In this type of drive train,it is a combination of the two drive train types, allowing for the vehicle to operate as all-electric (as a series hybrid), as an all combustion vehicle, or as a combination of the two (as a parallel hybrid). This is the most complex and least efficient power train for most applications. Combined hybrid systems have features of both series and parallel hybrids. There is a double connection between the engine and the drive axle: mechanical and electrical. This split power path allows interconnecting mechanical and electrical power, at some cost in complexity.

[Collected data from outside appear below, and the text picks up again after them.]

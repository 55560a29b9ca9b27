-- ===== src/Fsutils/Lsblk.antt =====
-- `GetBlockDevices`, `GetBlockDevice` and `GetUUID` of cmd-drivers/fsutils/lsblk.go. What a run of
-- the lsblk command gives, decoded, is an argument: `output` for one run, and a second for a second.
pub mod Filtering
pub mod Lookup
use kubernetes_external_prov.Base.{
  Bool, List, Option, Result, String, [], err, errorf, false, head?, if◌then◌else◌, none, ok, some,
  starts_with, true, wrap, ◌++◌, ◌==◌, ◌>>=◌, ◌∷◌,
}
use kubernetes_external_prov.Fsutils.Device.{
  BlockDevice, Devices, cons, device, flatten_devices, nil, properties,
}

-- What a `FilterFunc` returns.
pub record Verdict : Type 0 where
  pub name : String
  pub skip : Bool
  pub stop : Bool

abbrev pub FilterFunc : Type 0
FilterFunc = BlockDevice → Verdict

-- `filterDeviceRecursive`; a stop ends the descent into the device's own children.
unfoldable mutual
  pub filter_device_recursive : FilterFunc → BlockDevice → List BlockDevice
  filter_device_recursive f (device p cs) =
      let below = filter_children_recursive f cs in
      let v = f (device p cs) in
      if v.skip
      then (if v.stop then [] else below)
      else if v.stop
      then device p cs ∷ []
      else device p cs ∷ below

  pub filter_children_recursive : FilterFunc → Devices → List BlockDevice
  filter_children_recursive f nil = []
  filter_children_recursive f (cons d ds) =
      filter_device_recursive f d ++ filter_children_recursive f ds

-- The loop of `GetBlockDevices` over the top-level devices.
unfoldable pub filter_all : FilterFunc → List BlockDevice → List BlockDevice
unfolding filter_device_recursive
filter_all f [] = []
filter_all f (d ∷ ds) = filter_device_recursive f d ++ filter_all f ds

-- A failed run is an error of the output; the filter is optional.
unfoldable pub get_block_devices :
    Result (List BlockDevice) → Option FilterFunc → Result (List BlockDevice)
unfolding filter_all
get_block_devices output none = output
get_block_devices output (some f) = do devices ← output; ok (filter_all f devices)

-- The filter of `GetBlockDevice`.
unfoldable pub device_filter : String → FilterFunc
device_filter wanted d =
    if (properties d).name == wanted
    then record { name = "DeviceNameMatch"; skip = false; stop = true }
    else record { name = "DeviceNameMatch"; skip = true; stop = false }

abbrev pub not_found : {A : Type 0} → String → Result A
not_found wanted = err (errorf "device %q not found" (wanted ∷ []))

abbrev pub empty_device : {A : Type 0} → Result A
empty_device = err (errorf "device parameter cannot be empty" [])

-- `if len(devices) == 0 { … not found }; return &devices[0]`
abbrev pub first_found : {A : Type 0} → String → Option A → Result A
first_found wanted none = not_found wanted
first_found wanted (some d) = ok d

unfoldable pub get_block_device : Result (List BlockDevice) → String → Result BlockDevice
unfolding get_block_devices device_filter
get_block_device output wanted = if wanted == "" then empty_device else do
  devices ← get_block_devices output (some (device_filter wanted))
  first_found wanted (head? devices)

-- The UUID, else the PARTUUID, else "".
unfoldable pub uuid_or_part_uuid : BlockDevice → String
uuid_or_part_uuid d =
    if (properties d).uuid == "" then (properties d).part_uuid else (properties d).uuid

-- The search of `GetUUID` in the flattened devices.
unfoldable pub search_flat : String → List BlockDevice → Result String
unfolding uuid_or_part_uuid
search_flat wanted [] = not_found wanted
search_flat wanted (d ∷ ds) =
    let rest = search_flat wanted ds in
    if (properties d).name == wanted then ok (uuid_or_part_uuid d) else rest

-- What `GetUUID` does with the answer of the direct lookup.
unfoldable pub after_lookup :
    Result BlockDevice → Result (List BlockDevice) → String → Result String
unfolding uuid_or_part_uuid search_flat get_block_devices
after_lookup (ok d) again wanted = ok (uuid_or_part_uuid d)
after_lookup (err e) again wanted = do
  all_devices ← wrap "failed to get block devices: %w" [] (get_block_devices again none)
  search_flat wanted (flatten_devices all_devices)

-- `output` is the first run of lsblk, `again` the second, made if the direct lookup fails.
unfoldable pub get_uuid :
    Result (List BlockDevice) → Result (List BlockDevice) → String → Result String
unfolding get_block_device after_lookup
get_uuid output again wanted =
    if wanted == ""
    then err (errorf "device parameter cannot be empty" [])
    else if starts_with wanted "/dev/"
    then after_lookup (get_block_device output wanted) again wanted
    else ok ""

Power-split devices are incorporated in the power train. The power to the wheels can be either mechanical or electrical or both. This is also the case in parallel hybrids. But the main principle behind the combined system is the decoupling of the power supplied by the engine from the power demanded by the driver.In a combined hybrid at lower speeds, this system operates as a series HEV, while at high speeds, where the series powertrain is less efficient, the engine takes over. This system is more expensive than a pure parallel system as it needs an extra generator, a mechanical split power system and more computing power to control the dual system


Hybrid-electric vehicles (HEVs) combine the benefits of both IC engines and eletric motors and can be configured to obtain different objectives, such as improved fuel economy, increased power, or additional auxiliary power for electronic devices and power tools. The transmission of power using freewheels and chain wheels are very cheap and reliable. One disadvantage is that driving on electric power is not a good option for a long distance travel. Though this combined power train system can become much useful in more stop and go traffic situations. With the

use of this powertrain system, the overall fuel consumption and fuel economy is improved. Such vehicle would run on fuel but would use its electric motor to boost the power when needed. The costs of HEVs are a little more than the conventional cars but they more efficient and the exhaust emissions are less.